TASK DETAILS: Copy all lines in the material holding the string "number".

======== INPUT RECORDS

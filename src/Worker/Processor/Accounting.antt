-- ===== src/Worker/Processor/Accounting.antt =====
-- The accounts of the wallets: `sponsorshipCount` is the number of the wallet's completed requests.
use arcpass.Prelude.{
  ℕ, ◌+◌, ◌≡◌, refl, sym, ◌∙◌, Bool, true, ◌&&◌, Option, none, some, List, arith, ◌==◌,
  if◌then◌else◌, ==_iff, inl, inr, Bool-cases,
}
use mathlib.Core.Option.{some-injective}
use arcpass.SponsorshipTypes.{
  SponsorshipStatus, completed, sponsorship_eq, is_valid_sponsorship_transition,
}
use arcpass.Store.{Database, SponsorshipRequest, RelayTransaction, Wallet}
use arcpass.Store.Table.{count_rows, count-update, find_unique-update_self, find_unique-update_ne}
use arcpass.Worker.Lifecycle.{RequestTimestamp, set_status, find_request, write_request}
use arcpass.Worker.Processor.{find_wallet, write_wallet, increment_count, explain_blocked}
use arcpass.Worker.Steps.Safety.{set_status-id, set_status-status, set_status-wallet_id}

abbrev pub is_completed_of : ℕ → SponsorshipRequest → Bool
is_completed_of wallet_id r = (r.wallet_id == wallet_id) && sponsorship_eq r.status completed

-- The completed requests of a wallet.
abbrev pub completed_of : ℕ → Database → ℕ
completed_of wallet_id d = count_rows (is_completed_of wallet_id) d.requests

-- The count of a wallet, 0 where there is none.
abbrev pub count_of : ℕ → Database → ℕ
count_of v d = elim (find_wallet v d) [ none ↦ 0 | some w ↦ w.sponsorship_count ]

-- Every wallet's count is the number of its completed requests.
abbrev pub IsBalanced : Database → Type 0
IsBalanced d = (v : ℕ) → completed_of v d ≡ count_of v d

-- Within the transaction: the request that is processed, its wallet, its status, and the number
-- of completions that the wallet's count lacks. `plus` and `minus` stand for the difference that a
-- wallet's count and its completed requests had before.
pub record At (plus minus : ℕ → ℕ) (id wallet_id : ℕ) (status : SponsorshipStatus) (owed : ℕ)
    (d : Database) : Type 0 where
  pub row : SponsorshipRequest
  pub found : find_request id d ≡ some row
  pub owner : row.wallet_id ≡ wallet_id
  pub in_status : row.status ≡ status
  pub balance :
      (v : ℕ)
      → completed_of v d + plus v ≡ count_of v d + minus v + (if v == wallet_id then owed else 0)

abbrev pub owed_for : SponsorshipStatus → ℕ
owed_for completed = 1
owed_for _ = 0

completed_of-set_status :
    (v id : ℕ) (new : SponsorshipStatus) (stamp : Option (RequestTimestamp × ℕ)) (d : Database)
    (r : SponsorshipRequest)
    → find_request id d ≡ some r
    → is_valid_sponsorship_transition r.status new ≡ true
    → completed_of v (write_request id (set_status new stamp) d)
      ≡ completed_of v d + (if v == r.wallet_id then owed_for new else 0)
unfolding is_valid_sponsorship_transition
completed_of-set_status v id new stamp d r found valid = ground (
  arith,
  count-update (λ r. r.id) (is_completed_of v) id (set_status new stamp) d.requests r found,
  set_status-status new stamp r,
  set_status-wallet_id new stamp r,
)

pub At-transition :
    {plus minus : ℕ → ℕ} {id wallet_id : ℕ} {status : SponsorshipStatus} (new : SponsorshipStatus)
    (stamp : Option (RequestTimestamp × ℕ)) {d : Database}
    → (r : SponsorshipRequest) → find_request id d ≡ some r
    → is_valid_sponsorship_transition r.status new ≡ true
    → At plus minus id wallet_id status 0 d
    → At plus minus id wallet_id new (owed_for new) (write_request id (set_status new stamp) d)
At-transition {id} {wallet_id} new stamp {d} r found valid at =
    let same : r ≡ at.row = some-injective _ _ (sym found ∙ at.found) in
    let owner : r.wallet_id ≡ wallet_id = rw same at.owner in
    record {
      row = set_status new stamp r;
      found = find_unique-update_self (λ r. r.id) id _ d.requests r (set_status-id new stamp) found;
      owner = set_status-wallet_id new stamp r ∙ owner;
      in_status = set_status-status new stamp r;
      balance = λ v.
          ground
            (arith, completed_of-set_status v id new stamp d r found valid, at.balance v, owner);
    }

pub At-explain :
    {plus minus : ℕ → ℕ} {id wallet_id : ℕ} {status : SponsorshipStatus} {owed : ℕ} {d : Database}
    → At plus minus id wallet_id status owed d
    → At plus minus id wallet_id status owed (write_request id explain_blocked d)
At-explain {id} {d = d} at = record {
  row = explain_blocked at.row;
  found = find_unique-update_self (λ r. r.id) id _ d.requests at.row (λ y. refl) at.found;
  owner = at.owner;
  in_status = at.in_status;
  balance = λ v. ground (
    arith,
    count-update (λ r. r.id) (is_completed_of v) id explain_blocked d.requests at.row at.found,
    at.balance v,
  );
}

pub At-increment :
    {plus minus : ℕ → ℕ} {id wallet_id : ℕ} {status : SponsorshipStatus} {d : Database} (x : Wallet)
    → find_wallet wallet_id d ≡ some x
    → At plus minus id wallet_id status 1 d
    → At plus minus id wallet_id status 0 (write_wallet wallet_id increment_count d)
At-increment {id} {wallet_id} {d = d} x found at = record {
  row = at.row;
  found = at.found;
  owner = at.owner;
  in_status = at.in_status;
  balance = λ v. elim (Bool-cases (v == wallet_id)) [
    | inl same ↦ ground (
      arith,
      ==_iff v wallet_id,
      find_unique-update_self (λ w. w.id) wallet_id increment_count d.wallets x (λ y. refl) found,
      at.balance v,
    )
    | inr other ↦ ground (
      arith,
      ==_iff v wallet_id,
      find_unique-update_ne (λ w. w.id) v wallet_id increment_count d.wallets (λ y. refl),
      at.balance v,
    )
  ];
}

-- Relay transactions do not enter the accounts.
pub At-relays :
    {plus minus : ℕ → ℕ} {id wallet_id : ℕ} {status : SponsorshipStatus} {owed : ℕ} {d : Database}
    (relays : List RelayTransaction)
    → At plus minus id wallet_id status owed d
    → At plus minus id wallet_id status owed (record d { relays = relays })
At-relays relays at = record {
  row = at.row;
  found = at.found;
  owner = at.owner;
  in_status = at.in_status;
  balance = at.balance;
}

================

RESPONSE BOX:
-- The accounts of the wallets: `sponsorshipCount` is the number of the wallet's completed requests.
-- Every wallet's count is the number of its completed requests.
-- Within the transaction: the request that is processed, its wallet, its status, and the number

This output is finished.